¿Desde este 20 de enero, ya Trump Presidente, le interesa a usted lo global?

¿Así de fácil, y así de rápido se logra un cambio cultural en decenas de millones de habitantes de un país como México?

Es un viejo lugar común afirmar que a los mexicanos en general, poco o nada nos interesan los asuntos globales; más precisamente dicho, lo que pasa allá afuera, nos tiene sin cuidado.

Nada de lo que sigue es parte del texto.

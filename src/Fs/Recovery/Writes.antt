-- ===== src/Fs/Recovery/Writes.antt =====
-- The writes of a commit of kern/log.c, and what recovery makes of a disk that holds a whole log.
use wei_os.Fs.Recovery.Header.{read_log_header-header_block, all_words, all_words}
use wei_os.Common.{
  ◌≢◌, zero, ap, inr, suc, false, take, ◌||◌, ℕ, ◌+◌, ◌<◌, ◌≤◌, ◌≡◌, ◌∙◌, ◌⊎◌, inl, refl, Bool,
  true, List, [], ◌∷◌, ◌++◌, ◌&&◌, ltb, if◌then◌else◌, arith, length, has,
}
use wei_os.Fs.{Block, update}
use wei_os.Fs.Recovery.{
  read_log_header, header_block, write_log_blk, recover_from_log, Disk, run_writes, log_writes,
  home_writes, reinstall,
}

pub run_writes-append :
    (xs ys : List (ℕ × Block)) (d : Disk)
    → run_writes (xs ++ ys) d ≡ run_writes ys (run_writes xs d)
run_writes-append [] ys d = refl
run_writes-append (x ∷ xs) ys d = run_writes-append xs ys (update d x.0 x.1)

-- Home writes of any length: each logged block has its new content, every other block its old one.
pub run_writes-home_writes :
    (nos : List ℕ) (cached : ℕ → Block) (d : Disk) (j : ℕ)
    → run_writes (home_writes nos cached) d j ≡ (if has j nos then cached j else d j)
unfolding home_writes
run_writes-home_writes [] cached d j = refl
run_writes-home_writes (n ∷ nos) cached d j =
    ground (arith, run_writes-home_writes nos cached (update d n (cached n)) j)

run_writes-log_writes :
    (start i : ℕ) (nos : List ℕ) (cached : ℕ → Block) (d : Disk) (j : ℕ)
    → (j < start + i + 1) ⊎ (start + i + length nos < j)
    → run_writes (log_writes start i nos cached) d j ≡ d j
unfolding log_writes
run_writes-log_writes start i [] cached d j h = refl
run_writes-log_writes start i (n ∷ nos) cached d j h =
    let rest =
      run_writes-log_writes start (i + 1) nos cached (update d (start + i + 1) (cached n)) j
        (ground arith) in
    ground arith

-- No block of the log and of its header is among these.
abbrev pub apart : ℕ → ℕ → List ℕ → Bool
apart start room [] = true
apart start room (n ∷ nos) = (ltb n start || ltb (start + room) n) && apart start room nos

-- The log area from its block `i` on holds the content of the blocks.
abbrev pub Logged : ℕ → ℕ → List ℕ → (ℕ → Block) → Disk → Type 0
Logged start i [] cached d = start ≡ start
Logged start i (n ∷ nos) cached d =
    (d (start + i + 1) ≡ cached n) × Logged start (i + 1) nos cached d

pub log_writes-Logged :
    (start i : ℕ) (nos : List ℕ) (cached : ℕ → Block) (d : Disk)
    → Logged start i nos cached (run_writes (log_writes start i nos cached) d)
unfolding log_writes
log_writes-Logged start i [] cached d = refl
log_writes-Logged start i (n ∷ nos) cached d =
    let kept =
      run_writes-log_writes start (i + 1) nos cached (update d (start + i + 1) (cached n))
        (start + i + 1) (inl (omega arith)) in
    (
      kept ∙ ground arith,
      log_writes-Logged start (i + 1) nos cached (update d (start + i + 1) (cached n)),
    )

-- What the log area holds goes home as the cached content.
reinstall-home_writes :
    (start i : ℕ) (nos : List ℕ) (cached : ℕ → Block) (d : Disk)
    → Logged start i nos cached d
    → reinstall start i nos d ≡ home_writes nos cached
unfolding reinstall home_writes
reinstall-home_writes start i [] cached d h = refl
reinstall-home_writes start i (n ∷ nos) cached d (here, rest) =
    rw (here, reinstall-home_writes start (i + 1) nos cached d rest) refl

-- Writes outside of the log area keep it.
pub Logged-other :
    (start i room : ℕ) (nos : List ℕ) (cached : ℕ → Block) (d d' : Disk)
    → i + length nos ≤ room
    → ((j : ℕ) → (j < start + 1) ⊎ (start + room < j) ⊎ (d' j ≡ d j))
    → Logged start i nos cached d
    → Logged start i nos cached d'
Logged-other start i room [] cached d d' h same l = refl
Logged-other start i room (n ∷ nos) cached d d' h same (here, rest) =
    let kept = same (start + i + 1) in
    (ground arith, Logged-other start (i + 1) room nos cached d d' (omega arith) same rest)

pub recover_from_log_lem :
    (start : ℕ) (nos : List ℕ) (cached : ℕ → Block) (old : Block) (d : Disk) (j : ℕ)
    → length nos < 4294967296
    → all_words nos ≡ true
    → d start ≡ header_block nos old
    → Logged start 0 nos cached d
    → j ≢ start
    → recover_from_log start d j ≡ (if has j nos then cached j else d j)
unfolding recover_from_log
recover_from_log_lem start nos cached old d j small words header l other =
    let names = ap read_log_header header ∙ read_log_header-header_block nos old small words in
    let homes = reinstall-home_writes start 0 nos cached d l in
    let result = run_writes-home_writes nos cached d j in
    let writes : reinstall start 0 (read_log_header (d start)) d ≡ home_writes nos cached =
      rw names homes in
    let installed = ap (λ ws. run_writes ws d j) writes ∙ result in ground arith

pub take-home_writes :
    (k : ℕ) (nos : List ℕ) (cached : ℕ → Block) (rest : List (ℕ × Block))
    → k ≤ length nos
    → take k (home_writes nos cached ++ rest) ≡ home_writes (take k nos) cached
unfolding home_writes
take-home_writes zero nos cached rest h = refl
take-home_writes (suc k) [] cached rest h = absurd (omega arith)
take-home_writes (suc k) (n ∷ nos) cached rest h =
    ap (λ ws. (n, cached n) ∷ ws) (take-home_writes k nos cached rest (omega arith))

pub take_all :
    (k : ℕ) (nos : List ℕ) (cached : ℕ → Block) (w : ℕ × Block)
    → length nos < k
    → take k (home_writes nos cached ++ (w ∷ [])) ≡ home_writes nos cached ++ (w ∷ [])
unfolding home_writes
take_all zero nos cached w h = absurd (omega arith)
take_all (suc zero) [] cached w h = refl
take_all (suc (suc k)) [] cached w h = refl
take_all (suc k) (n ∷ nos) cached w h =
    ap (λ ws. (n, cached n) ∷ ws) (take_all k nos cached w (omega arith))

pub has-take : (k j : ℕ) (nos : List ℕ) → has j (take k nos) ≡ true → has j nos ≡ true
has-take zero j nos h = absurd (cc)
has-take (suc k) j [] h = h
has-take (suc k) j (n ∷ nos) h = ground (arith, has-take k j nos)

pub has-apart :
    (start room j : ℕ) (nos : List ℕ)
    → apart start room nos ≡ true
    → (j < start) ⊎ (start + room < j) ⊎ (has j nos ≡ false)
has-apart start room j [] h = inr (inr refl)
has-apart start room j (n ∷ nos) h = let rest = has-apart start room j nos in ground arith

-- The transaction and the place of its log: it has some blocks, none of them in the log area, and
-- its numbers are 32-bit words.
pub record IsCommit (start : ℕ) (nos : List ℕ) : Type 0 where
  pub small : length nos < 4294967296
  pub words : all_words nos ≡ true
  pub elsewhere : apart start (length nos) nos ≡ true

-- The disk once the header is written.
abbrev pub logged_disk : ℕ → List ℕ → (ℕ → Block) → Disk → Disk
logged_disk start nos cached d =
    update (run_writes (write_log_blk start nos cached) d) start (header_block nos (d start))

pub logged_disk-Logged :
    (start : ℕ) (nos : List ℕ) (cached : ℕ → Block) (d : Disk)
    → Logged start 0 nos cached (logged_disk start nos cached d)
unfolding write_log_blk
logged_disk-Logged start nos cached d =
    let d0 = run_writes (home_writes nos cached) d in
    let d1 = run_writes (log_writes start 0 nos cached) d0 in
    let all = run_writes-append (home_writes nos cached) (log_writes start 0 nos cached) d in
    rw all (
      Logged-other start 0 (length nos) nos cached d1 (update d1 start (header_block nos (d start)))
        (omega arith) (λ j. ground arith) (log_writes-Logged start 0 nos cached d0))

-- Outside of the log the logged blocks have their new content by then, the others their old one.
pub logged_disk_lem :
    (start : ℕ) (nos : List ℕ) (cached : ℕ → Block) (d : Disk) (j : ℕ)
    → (j < start) ⊎ (start + length nos < j)
    → logged_disk start nos cached d j ≡ (if has j nos then cached j else d j)
unfolding write_log_blk
logged_disk_lem start nos cached d j h =
    let d0 = run_writes (home_writes nos cached) d in
    let all =
      ap (λ (e : Disk). e j)
        (run_writes-append (home_writes nos cached) (log_writes start 0 nos cached) d) in
    let logs = run_writes-log_writes start 0 nos cached d0 j (ground arith) in
    let homes = run_writes-home_writes nos cached d j in ground arith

Sin embargo, a raíz de la llegada del Sr. Donald Trump a la Presidencia de Estados Unidos hace dos meses, los espacios mediáticos en México se han visto inundados de notas donde, el único tema ha sido —y parece que durante un buen tiempo lo seguirá siendo—, Donald Trump, sus dichos y decisiones, así como sus ocurrencias desafortunadas, por decir lo menos de éstas últimas.

A la par de eso —lo cual, para decirlo claro, a no pocos nos tiene hartos—, no pocos son los que afirman que, más que informar, lo que se busca es desviar nuestra atención de los graves problemas estructurales que enfrenta México, desde hace una buena cantidad de años. En relación con esta posición, le preguntaría a usted: ¿La avalancha mediática con Donald Trump y su Presidencia como centro, en verdad lo ha llevado a interesarse en los asuntos globales, particularmente en la gobernación de aquél, y a desentenderse de nuestros problemas?

No pretendo, en modo alguno, insinuar siquiera que usted deba ser hoy un especialista en las relaciones bilaterales con Estados Unidos, como consecuencia obligada de la avalancha mediática que nos aplasta con notas de Trump; lo que me interesa es algo más simple: ¿Los medios, con esa campaña que según algunos parece estar orquestada, han logrado concretar lo que todavía hace unas semanas parecía imposible: hacer de usted una persona interesada en los asuntos globales?

De ser cierto lo que aquéllos afirman, ¿será ése, entonces, el camino correcto para lograr un cambio profundo en el lector, radioescucha o televidente? ¿Así es como podríamos entonces, hacer que usted se interese en los graves problemas estructurales que desde hace decenios padecemos cotidianamente, sin haberles tirado un lazo siquiera?

¿Así de fácil, y así de rápido se logra un cambio cultural en decenas de millones de habitantes de un país como México? ¿Habrá alguien —con al menos dos dedos de frente—, que piense que ese cambio es posible así, con una avalancha de notas en los espacios mediáticos?

Por otra parte, preguntemos: ¿En verdad los promotores de tanta nota con Trump y su Presidencia como centro, les importa realmente que los mexicanos nos interesemos en los asuntos globales —empezando por el multicitado tema arriba—, y dejemos de lado lo que nos pasa en México? ¿Así de perversos y maquiavélicos son, y así de ingenuos somos, que donde quiera vemos conjuras y complós?

Le diré lo que pienso al respecto: Estoy convencido de que no hay —en modo alguno—, una acción concertada para que, mediante la utilización mediática de Donald Trump y su Presidencia, alguien interesado en lograr que desviemos la atención de nuestros problemas pudiere salirse con la suya.

Se requeriría ser muy ingenuo —para no utilizar otro adjetivo— para pensar, que a golpe de notas en los espacios mediáticos alguien podría lograr —casi instantáneamente—, que los mexicanos nos volcáremos a estar al pendiente de lo que dijere e hiciere el presidente Donald Trump.

Dejemos de ver conjuras por todos lados; los espacios mediáticos pronto encontrarán otro tema y nosotros, a querer y no, deberemos enfrentar nuestros problemas. Esto no significaría en modo alguno, ignorar lo que sucede allá afuera puesto que, nunca como ahora, todo importa y todo afecta.